For those in advertising - a lesson well worth learning
"The second problem is that advertising agencies, notably in Britain, France, and the United States, are now infested with people who regard advertising as an avant-garde art form. They have never sold anything in their lives. Their ambition is to win awards at the Cannes Festival. They bamboozle their unfortunate clients into paying millions of dollars a year to exhibit their originality. They aren't interested in the products they advertise, and assume that the consumer won't be either; so they say almost nothing about their virtues. At best they are mere entertainers, and rather feeble ones at that.
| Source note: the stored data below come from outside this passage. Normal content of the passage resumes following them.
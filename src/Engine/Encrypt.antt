-- ===== src/Engine/Encrypt.antt =====
-- Encryption of backend/crypto_engine/__init__.py: the body of an e-mail, level by level. Log lines are
-- left out. That every level's function also returns its key, which nobody uses, is left out too.
use qu_mail.Dict.{Dict, insert}
use qu_mail.Result.{Result, err, index_error, attribute_error, ok}
use qu_mail.Prelude.{
  String, List, Bytes, Option, length, [], some, ◌∷◌, none, if◌then◌else◌, ◌++◌, true,
}
use qu_mail.Engine.Action.{Action, ◌>>=◌, pure, lift, catch}
use qu_mail.Engine.Envelope.{Fields, no_fields, encoded, seal_text}
use qu_mail.Engine.Services.{Library, Services, PublicKey, text_key, raw_key}
use qu_mail.Storage.{KnownRecipient}
use qu_mail.QkdClient.{ClientKey}
use qu_mail.Crypto.Otp.{otp_encrypt}
use qu_mail.Crypto.AesGcm.{aes_encrypt, nonce_size}
use qu_mail.Crypto.KeyDerivation.{derive_key, ascii, is_empty}

-- An attachment as it is given, and as it is returned.
pub record Attachment : Type 0 where
  pub filename : String
  pub content : Bytes

-- The dict that `encrypt_email` returns.
pub record Encrypted : Type 0 where
  pub ciphertext : String
  pub key_id : Option String
  pub metadata : Fields
  pub attachments : Option (List Attachment)

-- `recipients[0]`
abbrev pub first : List String → Result String
first [] = err index_error
first (r ∷ rs) = ok r

-- The attributes of `primary_key_response`, which is None where there was no recipient.
abbrev pub primary : Option ClientKey → Result ClientKey
primary none = err attribute_error
primary (some k) = ok k

-- `recipient.get("public_key") if recipient else None`, the text of the table
abbrev pub public_key_of : Option KnownRecipient → Option PublicKey
public_key_of none = none
public_key_of (some r) = elim (r.public_key) [ none ↦ none | some t ↦ some (text_key t) ]

abbrev pub aes_context : Bytes
aes_context = ascii "qumail-aes-encryption"

abbrev pub attachment_context : Bytes
attachment_context = ascii "qumail-attachment"

abbrev pub hybrid_context : Bytes
hybrid_context = ascii "qumail-pqc-hybrid"

-- A ciphertext with its nonce and its tag.
abbrev pub Sealed : Type 0
Sealed = Bytes × Bytes × Bytes

abbrev pub keep_first : Option ClientKey → ClientKey → Option ClientKey
keep_first none k = some k
keep_first (some j) k = some j

module _ (lib : Library) {S : Type 0} (sv : Services S) where
  -- `aes_encrypt(plaintext, key)`, whose nonce is drawn by `os.urandom`.
  unfoldable pub seal : Bytes → Bytes → Action S Sealed
  seal plaintext key =
      sv.urandom nonce_size >>= λ nonce. lift (aes_encrypt lib.aead nonce plaintext key [])

  -- The loop that requests a key for every recipient; the first one is the primary key.
  unfoldable pub request_keys :
      List String → Dict String → Option ClientKey → Action S (Dict String × Option ClientKey)
  request_keys [] ids found = pure (ids, found)
  request_keys (r ∷ rs) ids found = sv.request_key r 32 "aes_seed" >>= λ key_response.
      request_keys rs (insert r key_response.key_id ids) (keep_first found key_response)

  unfoldable pub encrypt_otp : String → List String → Action S Encrypted
  encrypt_otp body recipients =
      let body_bytes = lib.codecs.utf8_encode body in
      let key_size = length body_bytes in
      lift (first recipients) >>= λ recipient.
      sv.request_key recipient key_size "otp" >>= λ key_response.
      lift (otp_encrypt body_bytes key_response.key_material) >>= λ ciphertext.
      let metadata : Fields = record no_fields {
        version = some "1.0";
        security_level = some 1;
        algorithm = some "OTP-XOR";
        key_id = some key_response.key_id;
        body_length = some key_size;
      } in
      pure (record {
        ciphertext =
            seal_text lib.codecs (record metadata { ciphertext = encoded lib.codecs ciphertext });
        key_id = some key_response.key_id;
        metadata = metadata;
        attachments = none;
      })

  unfoldable pub encrypt_aes : String → List String → Action S Encrypted
  encrypt_aes body recipients = request_keys recipients [] none >>= λ requested.
      lift (primary requested.1) >>= λ key_response.
      lift (derive_key lib.hkdf key_response.key_material aes_context 32 []) >>= λ aes_key.
      seal (lib.codecs.utf8_encode body) aes_key >>= λ sealed.
      let metadata : Fields = record no_fields {
        version = some "1.0";
        security_level = some 2;
        algorithm = some "AES-256-GCM";
        key_id = some key_response.key_id;
        recipient_key_ids = some requested.0;
      } in
      pure (record {
        ciphertext = seal_text lib.codecs (record metadata {
          nonce = encoded lib.codecs sealed.1;
          tag = encoded lib.codecs sealed.2;
          ciphertext = encoded lib.codecs sealed.0;
        });
        key_id = some key_response.key_id;
        metadata = metadata;
        attachments = none;
      })

  -- The key under which the sender encrypts the combined key to itself.
  unfoldable pub wrap_key : Bytes → Bytes → Fields → Action S Fields
  wrap_key sender_pub_key combined_key envelope =
      if is_empty sender_pub_key
      then pure envelope
      else (sv.pqc_encrypt (some (raw_key sender_pub_key)) >>= λ sent.
          seal combined_key sent.1 >>= λ wrapped. pure (record envelope {
            sender_encap = encoded lib.codecs sent.0;
            sender_enc_ck = encoded lib.codecs (wrapped.1 ++ wrapped.2 ++ wrapped.0);
          }))

  -- The private key that signs: the key store's, or a fresh one where that fails. (`get_private_key`
  -- never gives None.)
  unfoldable pub signing_key : Action S Bytes
  signing_key =
      catch (sv.get_private_key "dilithium")
        (λ _. sv.generate_dilithium_keypair >>= λ pair. pure pair.1)

  unfoldable pub encrypt_pqc : String → List String → Action S Encrypted
  encrypt_pqc body recipients = lift (first recipients) >>= λ r.
      sv.get_known_recipient r >>= λ recipient. sv.get_public_key "pqc" >>= λ sender_pub_key.
      sv.pqc_encrypt (public_key_of recipient) >>= λ sent.
      request_keys recipients [] none >>= λ requested.
      lift (primary requested.1) >>= λ key_response.
      lift (derive_key lib.hkdf (sent.1 ++ key_response.key_material) hybrid_context 32 [])
      >>= λ combined_key. seal (lib.codecs.utf8_encode body) combined_key >>= λ sealed.
          signing_key >>= λ signer.
          sv.dilithium_sign (sealed.0 ++ sealed.1 ++ sealed.2) signer >>= λ signature.
          let metadata : Fields = record no_fields {
            version = some "1.0";
            security_level = some 3;
            algorithm = some "KYBER-768-DILITHIUM3-AES-256-GCM";
            key_id = some key_response.key_id;
            recipient_key_ids = some requested.0;
            signed = some true;
          } in
          wrap_key sender_pub_key combined_key (record metadata {
            encapsulated_key = encoded lib.codecs sent.0;
            nonce = encoded lib.codecs sealed.1;
            tag = encoded lib.codecs sealed.2;
            ciphertext = encoded lib.codecs sealed.0;
            signature = encoded lib.codecs signature;
          })
          >>= λ envelope. pure (record {
            ciphertext = seal_text lib.codecs envelope;
            key_id = some key_response.key_id;
            metadata = metadata;
            attachments = none;
          })
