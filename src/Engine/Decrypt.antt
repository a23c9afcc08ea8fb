-- ===== src/Engine/Decrypt.antt =====
-- Decryption of backend/crypto_engine/__init__.py, level by level. Log and audit lines are left out, and the keys that the functions return beside the plaintext,
-- which nobody uses.
use qu_mail.Result.{Result, err, ok, Error}
use qu_mail.Prelude.{
  ℕ, String, Bool, Option, Bytes, none, some, if◌then◌else◌, [], true, ◌++◌, str_eq, ◌==◌, false,
  ◌||◌, drop, take,
}
use qu_mail.Engine.Action.{Action, ◌>>=◌, pure, lift, catch}
use qu_mail.Engine.Envelope.{Fields, get_or, decoded_member, open_text}
use qu_mail.Storage.{KnownRecipient}
use qu_mail.Engine.Services.{Library, Services}
use qu_mail.Engine.Encrypt.{Sealed, aes_context, hybrid_context}
use qu_mail.Crypto.Otp.{otp_decrypt}
use qu_mail.Crypto.AesGcm.{aes_decrypt}
use qu_mail.Crypto.KeyDerivation.{derive_key}
use Prim.Native.Char.{code}

-- The dict that `decrypt_email` takes.
pub record Email : Type 0 where
  pub security_level : Option ℕ
  pub body : Option String
  pub encrypted_body : Option String
  pub key_id : Option String
  pub encryption_metadata : Option Fields
  pub sender : Option String

-- The dict that it returns.
pub record Decrypted : Type 0 where
  pub body : String
  pub preview : Option String
  pub integrity_verified : Option Bool
  pub decrypted_hash : Option String

-- `a or b`, of texts
abbrev pub or_text : Option String → String → String
or_text none b = b
or_text (some a) b = if str_eq a "" then b else a

-- A key's id as a part of the URL.
abbrev pub id_text : Option String → String
id_text none = "None"
id_text (some k) = k

-- `envelope.get("key_id", key_id)`
abbrev pub actual_id : Fields → Option String → String
actual_id envelope key_id = elim envelope.key_id [ some k ↦ k | none ↦ id_text key_id ]

abbrev pub is_none {ℓ} : {A : Type ℓ} → Option A → Bool
is_none none = true
is_none (some a) = false

-- The text before the first `>`.
abbrev until_close : String → Option String
until_close String.[] = none
until_close (String.◌∷◌ c s) =
    let rest = until_close s in
    if code c == 62 then some "" else elim rest [ none ↦ none | some t ↦ some (String.◌∷◌ c t) ]

-- `re.search(r"<([^>]+)>", s)`, and its group
abbrev bracketed : String → Option String
bracketed String.[] = none
bracketed (String.◌∷◌ c s) =
    let rest = bracketed s in
    if code c == 60
    then elim (until_close s) [ none ↦ rest | some t ↦ if str_eq t "" then rest else some t ]
    else rest

abbrev pub sender_email : String → String
sender_email sender = elim (bracketed sender) [ none ↦ sender | some t ↦ t ]

-- `sender_info.get("signing_key")`: the dict of a known recipient has no such member.
abbrev pub signing_key_of : Option KnownRecipient → Option Bytes
signing_key_of none = none
signing_key_of (some info) = none

abbrev pub unseal : Library → Sealed → Bytes → Result Bytes
unseal lib sealed key = aes_decrypt lib.aead sealed.0 key sealed.1 sealed.2 []

module _ (lib : Library) {S : Type 0} (sv : Services S) where
  unfoldable pub decrypt_pad : Result Fields → Option String → Action S String
  decrypt_pad (err e) key_id = pure ""
  decrypt_pad (ok envelope) key_id =
      lift (decoded_member lib.codecs envelope.ciphertext) >>= λ ct_bytes.
      sv.get_key (actual_id envelope key_id) >>= λ key_response.
      lift (otp_decrypt ct_bytes key_response.key_material) >>= λ plaintext_bytes.
      catch (sv.consume_key (actual_id envelope key_id)) (λ _. pure false) >>= λ _.
      pure (lib.codecs.utf8_decode plaintext_bytes)

  unfoldable pub decrypt_otp : String → Option String → Action S String
  decrypt_otp ciphertext_b64 key_id = decrypt_pad (open_text lib.codecs ciphertext_b64) key_id

  -- The members that `aes_decrypt` takes: the ciphertext, the nonce and the tag.
  unfoldable pub sealed_members : Fields → Action S Sealed
  sealed_members envelope = lift (decoded_member lib.codecs envelope.nonce) >>= λ nonce.
      lift (decoded_member lib.codecs envelope.tag) >>= λ tag.
      lift (decoded_member lib.codecs envelope.ciphertext) >>= λ ciphertext.
      pure (ciphertext, nonce, tag)

  unfoldable pub open_aes : Bytes → Fields → Option String → Action S Bytes
  open_aes context envelope key_id = sv.get_key (actual_id envelope key_id) >>= λ key_response.
      lift (derive_key lib.hkdf key_response.key_material context 32 []) >>= λ aes_key.
      sealed_members envelope >>= λ sealed. lift (unseal lib sealed aes_key)

  unfoldable pub decrypt_aes : String → Option String → Action S String
  decrypt_aes ciphertext_b64 key_id = lift (open_text lib.codecs ciphertext_b64) >>= λ envelope.
      open_aes aes_context envelope key_id >>= λ plaintext_bytes.
      pure (lib.codecs.utf8_decode plaintext_bytes)

  -- The known signing key of the sender, where the envelope is signed and the sender is known.
  unfoldable pub signer_of : Fields → Option String → Action S (Option Bytes)
  signer_of envelope sender =
      if str_eq (get_or "" envelope.signature) "" || str_eq (get_or "" sender) ""
      then pure none
      else (sv.get_known_recipient (sender_email (get_or "" sender)) >>= λ found.
          pure (signing_key_of found))

  -- The signature's verification; a failure is only logged.
  unfoldable pub check_signature : Fields → Option Bytes → Action S Bool
  check_signature envelope none = pure true
  check_signature envelope (some public_key) =
      lift (decoded_member lib.codecs envelope.ciphertext) >>= λ aes_ct.
      lift (decoded_member lib.codecs envelope.nonce) >>= λ nonce.
      lift (decoded_member lib.codecs envelope.tag) >>= λ tag.
      lift (decoded_member lib.codecs envelope.signature) >>= λ signature.
      sv.dilithium_verify (aes_ct ++ nonce ++ tag) signature public_key

  -- The sender's way in, after the first decryption failed with `e`.
  unfoldable pub open_own : Sealed → Bytes → Fields → Error → Action S Bytes
  open_own sealed private_key envelope e =
      if is_none envelope.sender_encap || is_none envelope.sender_enc_ck
      then lift (err e)
      else (lift (decoded_member lib.codecs envelope.sender_encap) >>= λ sender_encap.
          lift (decoded_member lib.codecs envelope.sender_enc_ck) >>= λ full.
          sv.pqc_decrypt sender_encap private_key >>= λ sender_ss.
          catch
            (lift (unseal lib (drop 28 full, take 12 full, take 16 (drop 12 full)) sender_ss)
              >>= λ combined_key. lift (unseal lib sealed combined_key))
            (λ _. lift (err e)))

  unfoldable pub open_pqc : Fields → Option String → Action S Bytes
  open_pqc envelope key_id =
      lift (decoded_member lib.codecs envelope.encapsulated_key) >>= λ encapsulated_key.
      sv.get_private_key "pqc" >>= λ private_key.
      sv.pqc_decrypt encapsulated_key private_key >>= λ shared_secret.
      sv.get_key (actual_id envelope key_id) >>= λ key_response.
      lift (derive_key lib.hkdf (shared_secret ++ key_response.key_material) hybrid_context 32 [])
      >>= λ combined_key. sealed_members envelope >>= λ sealed.
          catch (lift (unseal lib sealed combined_key)) (open_own sealed private_key envelope)

  unfoldable pub decrypt_pqc : String → Option String → Option String → Action S String
  decrypt_pqc ciphertext_b64 key_id sender =
      lift (open_text lib.codecs ciphertext_b64) >>= λ envelope.
      signer_of envelope sender >>= λ public_key. check_signature envelope public_key >>= λ _.
      open_pqc envelope key_id >>= λ plaintext_bytes. pure (lib.codecs.utf8_decode plaintext_bytes)
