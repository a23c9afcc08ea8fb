-- ===== src/Engine/Guarantees.antt =====
-- What the engine relies on of the parts that it calls, as an interface: `View` names the facts about the
-- state that matter to it, `Guarantees` is what the operations of a device do to them.
use qu_mail.Result.{err, key_exhausted}
use qu_mail.Prelude.{ℕ, String, Bytes, length, ◌≡◌, ◌<◌, ◌≤◌}
use qu_mail.Crypto.Otp.{IsBytes}
use qu_mail.Engine.Action.{Gives}
use qu_mail.Engine.Services.{Services}

pub record View (S : Type 0) : Type 1 where
  -- the state is well formed
  pub Ready : S → Type 0
  -- the Key Manager has the key with this id and these bytes, and it is not consumed
  pub Holds : String → Bytes → S → Type 0

-- From one state to a later one: every key is still held.
pub record Kept {S : Type 0} (view : View S) (s t : S) : Type 0 where
  pub ready : view.Ready t
  pub held : {k : String} {m : Bytes} → view.Holds k m s → view.Holds k m t

pub kept_trans :
    {S : Type 0} {view : View S} {s t u : S} → Kept view s t → Kept view t u → Kept view s u
kept_trans f g = record { ready = g.ready; held = λ h. g.held (f.held h) }

pub kept_refl : {S : Type 0} {view : View S} {s : S} → view.Ready s → Kept view s s
kept_refl r = record { ready = r; held = λ h. h }

pub record Guarantees {S : Type 0} (view : View S) (sv : Services S) : Type 1 where
  pub drawn :
      (n : ℕ) (s : S)
      → view.Ready s
      → Gives (sv.urandom n) s (λ bs t. (length bs ≡ n) × Kept view s t)
  -- A request for 1 byte to 1 MiB gives a new key of that many bytes.
  pub requested :
      (peer : String) (n : ℕ) (kind : String) (s : S)
      → view.Ready s
      → 0 < n
      → n ≤ 1048576
      → Gives (sv.request_key peer n kind) s (λ k t.
        (length k.key_material ≡ n)
        × IsBytes k.key_material
        × view.Holds k.key_id k.key_material t
        × Kept view s t)
  pub got :
      (k : String) (m : Bytes) (s : S)
      → view.Ready s
      → view.Holds k m s
      → Gives (sv.get_key k) s (λ key t. (key.key_material ≡ m) × Kept view s t)
  -- A key that is held is consumed, and is not given any more.
  pub consumed :
      (k : String) (m : Bytes) (s : S)
      → view.Ready s
      → view.Holds k m s
      → Gives (sv.consume_key k) s (λ _ t. sv.get_key k t ≡ (err key_exhausted, t))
Many of them are art directors who, being visual-minded, don't read anything themselves and make it impossible for consumers to read the copy I write. At a luncheon recently I heard an angry manufacturer refer to these self-indulgent idiots as mincing pansies. Given my education, I might have fallen into this trap myself if I had not spent five years selling kitchen stoves door-to-door. Once a salesman, always a salesman.”
extracted from Confessions of an Advertising Man, pg 23-24, on the four problems of crisis dimensions the world of advertising faces
extracted from Confessions of an Advertising Man, pg 23-24, on the four problems of crisis dimensions the world of advertising faces
That was written by David Ogilvy in the 60s. If anything I think this obscene trend has only gotten worse since.
I look upon people who think coming up with scam (or spec, as the yanks would say) ad after scam ad to be the be all and end all of advertising with the utmost disdain. And if they think they're a good creative because they can come up with catchy scam ads, then I think they, like the trend they propogate, should be "taken behind the chemical shed and shot."
That is not advertising. That is not a craft. That is pure, blatant, self-buggery and narcissism and whosoever believes in it is nothing more than a pompous jackass. And you can quote me on that.